Breaststroke kicks create more problems for swimmers than any other part of the stroke. You can say it’s the engine of breaststroke, that generates 70-80% of your propulsion

This guide covers how the kick works, where it breaks down, and how to fix it. It’s written for swimmers from beginner through intermediate.

At Rocket Swim Club, coaches Alina and Ivan, former members of the Moldova National Swim Team, build kick instruction from the ground up.

Let’s start with the fundamentals every swimmer needs regardless of level.

 

Why Your Breaststroke Kick Matters More Than You Think

Which Kick Drives Most of Your Speed

In freestyle and backstroke, your arms do the heavy lifting. Breaststroke is the opposite. Your kick is the dominant propulsive force. It also controls your stroke rate and rhythm. A slow or poorly timed kick doesn’t just slow your legs down — it disrupts your pull, throws off your breathing, and breaks your body position. You can’t compensate for a weak kick in breaststroke the way you can in other strokes.

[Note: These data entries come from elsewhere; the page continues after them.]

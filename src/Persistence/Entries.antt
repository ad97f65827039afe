-- ===== src/Persistence/Entries.antt =====
-- The entry that the PersistenceAspect of aspect/builtin/persistence.go records for a command, and the
-- filters of the message reader on it.
use ddd_qce.Common.{
  ℕ, ◌-◌, ◌≡◌, ◌≢◌, refl, String, not, Option, none, some, is_some, List, ◌∷◌, str_eq_ne,
}
use ddd_qce.Common.Int.{ℤ, pos}
use ddd_qce.Errors.{Err}
use ddd_qce.Aspect.{CommandAspect, after_error, run_command_aspects}
use ddd_qce.MessageReader.{CommandEntry, MessageFilter, match_command_filter}
use ddd_qce.Persistence.{MessageStore, MessageView, command_entry, persistence_command}

-- A filter on the status alone.
abbrev pub status_filter : String → MessageFilter
status_filter status = record {
  message_type = "";
  trace_id = "";
  aggregate_id = "";
  status = status;
  since = none;
  limit = pos 0;
  offset = pos 0;
}

module _ {S Ctx Msg Res : Type 0} (view : MessageView S Ctx Msg Res) where
  -- The texts of errors are not empty.
  abbrev pub HasTexts : Type 0
  HasTexts = (e : Err) → view.error_text e ≢ ""

  command_entry-success :
      (texts : HasTexts) (s : S) (ctx : Ctx) (cmd : Msg) (result : Option Res) (err : Option Err)
      → (d : ℤ)
      → match_command_filter (command_entry view s ctx cmd result err d) (status_filter "success")
        ≡ not (is_some err)
  unfolding match_command_filter command_entry
  command_entry-success texts s ctx cmd result none d = refl
  command_entry-success texts s ctx cmd result (some e) d =
      rw (str_eq_ne (view.error_text e) "" (texts e)) refl

  command_entry-error :
      (texts : HasTexts) (s : S) (ctx : Ctx) (cmd : Msg) (result : Option Res) (err : Option Err)
      → (d : ℤ)
      → match_command_filter (command_entry view s ctx cmd result err d) (status_filter "error")
        ≡ is_some err
  unfolding match_command_filter command_entry
  command_entry-error texts s ctx cmd result none d = refl
  command_entry-error texts s ctx cmd result (some e) d =
      rw (str_eq_ne (view.error_text e) "" (texts e)) refl

module _ {S Ctx Msg Res : Type 0} (view : MessageView S Ctx Msg Res) (store : MessageStore S)
    (clock : S → ℕ) (next : S → Ctx → S × Option Res × Option Err) where
  -- A command under the persistence aspect and the aspects inside it.
  abbrev pub persisted :
      S → Ctx → Msg → List (CommandAspect S Ctx Msg Res) → S × Option Res × Option Err
  persisted s ctx cmd inner =
      run_command_aspects clock s ctx cmd next (persistence_command view store ∷ inner)

  -- The aspect runs the rest of the chain in the same context and then records one entry, of the
  -- context's trace and span; the result is that of the rest, and the error of the store, if any, is
  -- joined to the error of the rest. The message reader finds the entry under the status success if
  -- the rest reported no error and under error if it did, and never under both, if the texts of
  -- errors are not empty.
  pub persisted-recorded :
      (texts : HasTexts view) (s : S) (ctx : Ctx) (cmd : Msg)
      → (inner : List (CommandAspect S Ctx Msg Res))
      → let (s', result, err) = run_command_aspects clock s ctx cmd next inner in
        (entry : CommandEntry) × (let (s'', e) = store.record_command s' entry in
          persisted s ctx cmd inner ≡ (s'', result, after_error err e))
        × (entry.trace_id ≡ view.trace_id ctx)
        × (entry.span_id ≡ view.span_id ctx)
        × (match_command_filter entry (status_filter "success") ≡ not (is_some err))
        × (match_command_filter entry (status_filter "error") ≡ is_some err)
  unfolding run_command_aspects persistence_command command_entry
  persisted-recorded texts s ctx cmd inner =
      let r = run_command_aspects clock s ctx cmd next inner in
      let d = pos (clock r.0 - clock s) in
      (
        command_entry view r.0 ctx cmd r.1 r.2 d,
        refl,
        refl,
        refl,
        command_entry-success view texts r.0 ctx cmd r.1 r.2 d,
        command_entry-error view texts r.0 ctx cmd r.1 r.2 d,
      )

How Breaststroke Kick Differs from Every Other Stroke

Breaststroke kick is unlike any other kick in competitive swimming. Your feet turn outward. The movement is forward and back, not up and down. There’s a rotational component that doesn’t exist in flutter or dolphin kick. The muscles driving it are also different: your adductors squeeze your legs together through the second half of the kick, your tibialis anterior (the muscle running along the outside of your shin) turns your feet out and holds that position, and your hamstrings power the recovery by bringing your heels to your hips. New breaststroke swimmers often feel that tibialis anterior burn quickly — it’s not a familiar movement for most people.

 

What muscles does breaststroke kick use?

The main muscles are the adductors (inner thighs), tibialis anterior (outer shins), hamstrings (kick recovery), quadriceps (knee extension), and glutes (hip stabilization). The adductors and tibialis anterior are particularly stressed in breaststroke and are less used in the other three strokes.

 

Is Your Breaststroke Kick the Problem? Lets Do A Quick Self-Check

Before spending time on drills, it helps to know whether your kick is actually the weak link. Here are four quick checks you can run at the pool:

  • Kick a 25 with a board. If you’re barely moving or stopping, your kick mechanics need work. A functional kick should move you forward steadily, even if not fast.
  • Time a 50 kick-only vs. a 50 full stroke. If your kick-only time is much slower than your full stroke, your kick isn’t contributing the way it should. In good breaststroke, adding the kick to the stroke should make you noticeably faster.
  • Kick on your back with your hands in streamline. If your knees are breaking the surface of the water above your hips, you’re bending at the hips instead of hinging at the knees. That one mechanical error kills propulsion and raises drag simultaneously.
  • Count your kick-only strokes per 25 yards vs. full stroke. A major gap between the two often points to poor kick-to-stroke integration, usually a timing issue.

 

At Rocket Swim Club, these are the same checks coaches run during tryouts across our Greater Toronto Area locations. For swimmers who want objective data on kick performance, we also use Sportecos performance tracking technology to measure and track progression over time. Book a tryout at rocketswim.com.

 

Breaststroke Kick Mechanics Step by Step

Step 1 — The Recovery (Heels to Hips)

The recovery starts the cycle. Your heels draw up toward your hips by bending at the knees, not the hips. This distinction matters: most beginners lift their thighs to start the recovery, which drops their knees forward and down, creating drag. The hinge point is at the knee. Your thighs should stay relatively still throughout the recovery. Speed here also matters. A slow recovery delays your kick and shortens the patience phase that makes the setup effective. Pull the heels up fast, then pause.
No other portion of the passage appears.